Dave McDaniel discovered these vulnerabilities. Blog by Jon Munshaw.

Cisco Talos recently discovered multiple vulnerabilities in the D-LINK DIR-3040 wireless router.

The DIR-3040 is an AC3000-based wireless internet router. These vulnerabilities could allow an attacker to carry out a variety of malicious actions, including exposing sensitive information, causing a denial of service and gaining the ability to execute arbitrary code. TALOS-2021-1281 (CVE-2021-21816) and TALOS-2021-1282 (CVE-2021-21817) are information disclosure vulnerabilities in the router that could be triggered by a specially crafted network request. An attacker could exploit these vulnerabilities to view the device’s system log.

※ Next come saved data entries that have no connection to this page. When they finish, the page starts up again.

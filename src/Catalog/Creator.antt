-- ===== src/Catalog/Creator.antt =====
-- creator.service.ts: creators, their series and chapters, and what they earn.
use arktion_sui_overflow.Prelude.{
  Bool, ℕ, Option, throw, or_else, List, ◌∷◌, ◌>>◌, none, gets, update_where, false, if◌then◌else◌,
  some, put, select, pure, count, not, sum_where, ◌>>=◌, is_some, throw_if, true, leb, [], modify,
  length, find, ◌&&◌, suc, ◌==◌, or_throw, map,
}
use arktion_sui_overflow.Catalog.Rows.{
  draft, ongoing, completed, hiatus, cancelled, none_yet, pending, approved, series_not_found,
  creator_not_found, record_not_found, already_creator, under_review, no_chapter, not_owner,
  content_url_required, page_required, chapter_exists, Series, SeriesStatus, Chapter, Page, Catalog,
  CreatorStatus, CreatorUser, Handler, en, with_cover, find_series, is_live_chapter, by_number,
}
use arktion_sui_overflow.Catalog.Chapters.{has_key}
use arktion_sui_overflow.Payment.Rows.{TipStatus, TipTransaction}
use mathlib.Core.Option
use arktion_sui_overflow.Text.{Text}
use arktion_sui_overflow.Pagination.{take}
use arktion_sui_overflow.Sui.{opt_eq}

-- `PUBLIC_STATUSES`
abbrev pub is_public : SeriesStatus → Bool
is_public draft = false
is_public ongoing = true
is_public completed = true
is_public hiatus = true
is_public cancelled = true

pub record ApplyCreatorDto : Type 0 where
  pub pitch : ℕ
  pub cadence : ℕ
  pub tooling : ℕ
  pub portfolio_url : Option ℕ

pub record CreatorApplicationStatusDto : Type 0 where
  pub status : CreatorStatus
  pub submitted_at : Option ℕ

abbrev pub status_of : Option CreatorUser → CreatorStatus
status_of none = none_yet
status_of (some u) = u.creator_status

-- Why `apply` refuses.
abbrev pub check_status : CreatorStatus → Handler (Unit {0})
check_status approved = throw already_creator
check_status pending = throw under_review
check_status _ = pure tt

-- The two writes of `apply`, in one transaction.
unfoldable pub apply : ℕ → ApplyCreatorDto → ℕ → Handler CreatorApplicationStatusDto
apply user dto now = do
  found ← gets (λ c. c.users user)
  check_status (status_of found)
  u ← or_throw found record_not_found
  modify (λ c. record c {
    creator_applications =
        put user
          (record {
            pitch = dto.pitch;
            cadence = dto.cadence;
            tooling = dto.tooling;
            portfolio_url = dto.portfolio_url;
            submitted_at = now;
            reviewed_at = some now;
          })
          c.creator_applications;
    users = put user (record u { creator_status = approved }) c.users;
  })
  pure (record { status = approved; submitted_at = some now })

unfoldable pub get_application_status : ℕ → Catalog → CreatorApplicationStatusDto
get_application_status user c = record {
  status = status_of (c.users user);
  submitted_at = elim (c.users user) [
    | none ↦ none
    | some u ↦ Option.map (λ a. a.submitted_at) (c.creator_applications user)
  ];
}

abbrev pub is_own : ℕ → Series → Bool
is_own user s = opt_eq s.creator_id (some user) && not s.is_deleted

unfoldable pub get_own_series : Text → ℕ → Catalog → List Series
get_own_series aggregator user c = map (with_cover aggregator) (select (is_own user) c.series)

pub record CreateSeriesDto : Type 0 where
  pub title : Text
  pub format_type : ℕ
  pub source_language : ℕ
  pub description : Option ℕ
  pub cover_url : Option Text
  pub status : Option SeriesStatus

-- `createSeries`, with the id and the random externalId.
unfoldable pub create_series : Text → ℕ → Text → ℕ → CreateSeriesDto → Handler Series
create_series aggregator id external user dto = do
  let s : Series = record {
    id = id;
    external_id = external;
    title = dto.title;
    format_type = dto.format_type;
    source_language = dto.source_language;
    cover_url = dto.cover_url;
    description = dto.description;
    status = or_else dto.status draft;
    chapters_synced_at = none;
    creator_id = some user;
    is_deleted = false;
  }
  modify (λ c. record c { series = s ∷ c.series })
  pure (with_cover aggregator s)

unfoldable pub assert_ownership : ℕ → ℕ → Handler (Unit {0})
assert_ownership user id = do
  found ← gets (find_series id)
  s ← or_throw found series_not_found
  throw_if (not (opt_eq s.creator_id (some user))) not_owner

pub record UpdateSeriesDto : Type 0 where
  pub title : Option Text
  pub format_type : Option ℕ
  pub source_language : Option ℕ
  pub description : Option ℕ
  pub cover_url : Option Text
  pub status : Option SeriesStatus

abbrev pub keep_or : Option ℕ → Option ℕ → Option ℕ
keep_or none old = old
keep_or (some new) old = some new

abbrev pub keep_or_url : Option Text → Option Text → Option Text
keep_or_url none old = old
keep_or_url (some new) old = some new

-- The `data` of `series.update`.
unfoldable pub edit_series : UpdateSeriesDto → Series → Series
edit_series dto s = record s {
  title = or_else dto.title s.title;
  format_type = or_else dto.format_type s.format_type;
  source_language = or_else dto.source_language s.source_language;
  description = keep_or dto.description s.description;
  cover_url = keep_or_url dto.cover_url s.cover_url;
  status = or_else dto.status s.status;
}

abbrev pub publishes : Option SeriesStatus → Bool
publishes none = false
publishes (some status) = is_public status

unfoldable pub update_series : Text → ℕ → ℕ → UpdateSeriesDto → Handler Series
unfolding assert_ownership
update_series aggregator user id dto = do
  assert_ownership user id
  chapters ← gets (λ c. count (is_live_chapter id) c.chapters)
  throw_if (publishes dto.status && chapters == 0) no_chapter
  modify (λ c. record c { series = update_where (λ s. s.id == id) (edit_series dto) c.series })
  updated ← gets (λ c. find (λ s. s.id == id) c.series)
  s ← or_throw updated record_not_found
  pure (with_cover aggregator s)

-- `getPublicProfile`: the number of the creator's series.
unfoldable pub get_public_profile : ℕ → Handler ℕ
get_public_profile user = do
  found ← gets (λ c. c.users user)
  u ← or_throw found creator_not_found
  throw_if u.is_deleted creator_not_found
  gets (λ c. count (is_own user) c.series)

unfoldable pub get_public_series : Text → ℕ → Handler (List Series)
unfolding get_own_series
get_public_series aggregator user = do
  found ← gets (λ c. c.users user)
  u ← or_throw found creator_not_found
  throw_if u.is_deleted creator_not_found
  gets (get_own_series aggregator user)

unfoldable pub get_series_chapters : ℕ → ℕ → Handler (List Chapter)
unfolding assert_ownership
get_series_chapters user id =
    assert_ownership user id >> gets (λ c. by_number (select (is_live_chapter id) c.chapters))

-- An empty contentUrl is none.
pub record CreateChapterDto : Type 0 where
  pub chapter_number : ℕ
  pub title : Option ℕ
  pub content_url : Option ℕ
  pub image_urls : List ℕ

-- The pages of images, from number `n` on.
unfoldable pub number_pages : ℕ → List ℕ → List Page
number_pages n [] = []
number_pages n (url ∷ urls) =
    record { page_number = n; image_url = some url; content_url = none } ∷ number_pages (suc n) urls

-- The pages of a chapter, or the error that there is none.
unfoldable pub chapter_pages : Bool → CreateChapterDto → Handler (List Page)
unfolding number_pages
chapter_pages true dto = do
  url ← or_throw dto.content_url content_url_required
  pure (record { page_number = 1; image_url = none; content_url = some url } ∷ [])
chapter_pages false dto = do
  throw_if (length dto.image_urls == 0) page_required
  pure (number_pages 1 dto.image_urls)

abbrev pub uploaded_chapter : ℕ → ℕ → CreateChapterDto → List Page → ℕ → Chapter
uploaded_chapter id series dto pages now = record {
  id = id;
  series_id = series;
  external_id = none;
  chapter_number = dto.chapter_number;
  title = dto.title;
  language = en;
  page_count = length pages;
  is_licensed = false;
  published_at = some now;
  is_deleted = false;
  pages = pages;
}

-- `createChapter`, up to the indexing for the writing assistant.
unfoldable pub create_chapter : ℕ → ℕ → ℕ → CreateChapterDto → ℕ → Handler Chapter
unfolding assert_ownership chapter_pages
create_chapter id user series dto now = do
  assert_ownership user series
  found ← gets (λ c. find (λ s. s.id == series) c.series)
  let is_novel : Bool = elim found [ none ↦ false | some s ↦ s.format_type == 0 ]
  pages ← chapter_pages is_novel dto
  exists ← gets (λ c. is_some (find (has_key series en dto.chapter_number) c.chapters))
  throw_if exists chapter_exists
  let d = uploaded_chapter id series dto pages now
  modify (λ c. record c { chapters = d ∷ c.chapters })
  pure d

-- `orderBy: { confirmedAt: 'desc' }`, with no time first.
abbrev pub is_later : Option ℕ → Option ℕ → Bool
is_later none b = true
is_later (some a) none = false
is_later (some a) (some b) = leb b a

unfoldable pub insert_tip_by_time : TipTransaction → List TipTransaction → List TipTransaction
insert_tip_by_time t [] = t ∷ []
insert_tip_by_time t (u ∷ us) =
    if is_later t.confirmed_at u.confirmed_at then t ∷ u ∷ us else u ∷ insert_tip_by_time t us

unfoldable pub by_confirmation : List TipTransaction → List TipTransaction
unfolding insert_tip_by_time
by_confirmation [] = []
by_confirmation (t ∷ ts) = insert_tip_by_time t (by_confirmation ts)

abbrev pub is_confirmed_for : ℕ → TipTransaction → Bool
is_confirmed_for user t = t.receiver_id == user && elim t.status [
  | TipStatus.pending ↦ false
  | TipStatus.confirmed ↦ true
  | TipStatus.failed ↦ false
]

pub record CreatorEarningsDto : Type 0 where
  pub total_usdc_received : ℕ
  pub recent_tips : List TipTransaction

unfoldable pub get_earnings : ℕ → List TipTransaction → CreatorEarningsDto
unfolding by_confirmation
get_earnings user rows =
    let tips = take 50 (by_confirmation (select (is_confirmed_for user) rows)) in
    record {
      total_usdc_received = sum_where (λ t. true) (λ t. t.amount_usdc) tips;
      recent_tips = tips;
    }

TALOS-2021-1283 (CVE-2021-21818) and TALOS-2021-1285 (CVE-2021-21820) are both hardcoded password vulnerabilities. However, TALOS-2021-1283 could cause a denial of service, while TALOS-2021-1285 could allow an attacker to execute code on the router.

An adversary could also gain the ability to execute code by exploiting TALOS-2021-1284 (CVE-2021-21819) after sending the target a sequence of requests.

Cisco Talos worked with D-LINK to ensure that these issues are resolved and an update is available for affected customers, all in adherence to Cisco’s vulnerability disclosure policy.

Users are encouraged to update these affected products as soon as possible: D-LINK DIR-3040 router, version 1.13B03. Talos tested and confirmed these versions of the DIR-3040 could be exploited by this vulnerability.

The following SNORTⓇ rules will detect exploitation attempts against this vulnerability: 57475 - 57478. Additional rules may be released in the future and current rules are subject to change, pending additional vulnerability information. For the most current rule information, please refer to your Firepower Management Center or Snort.org.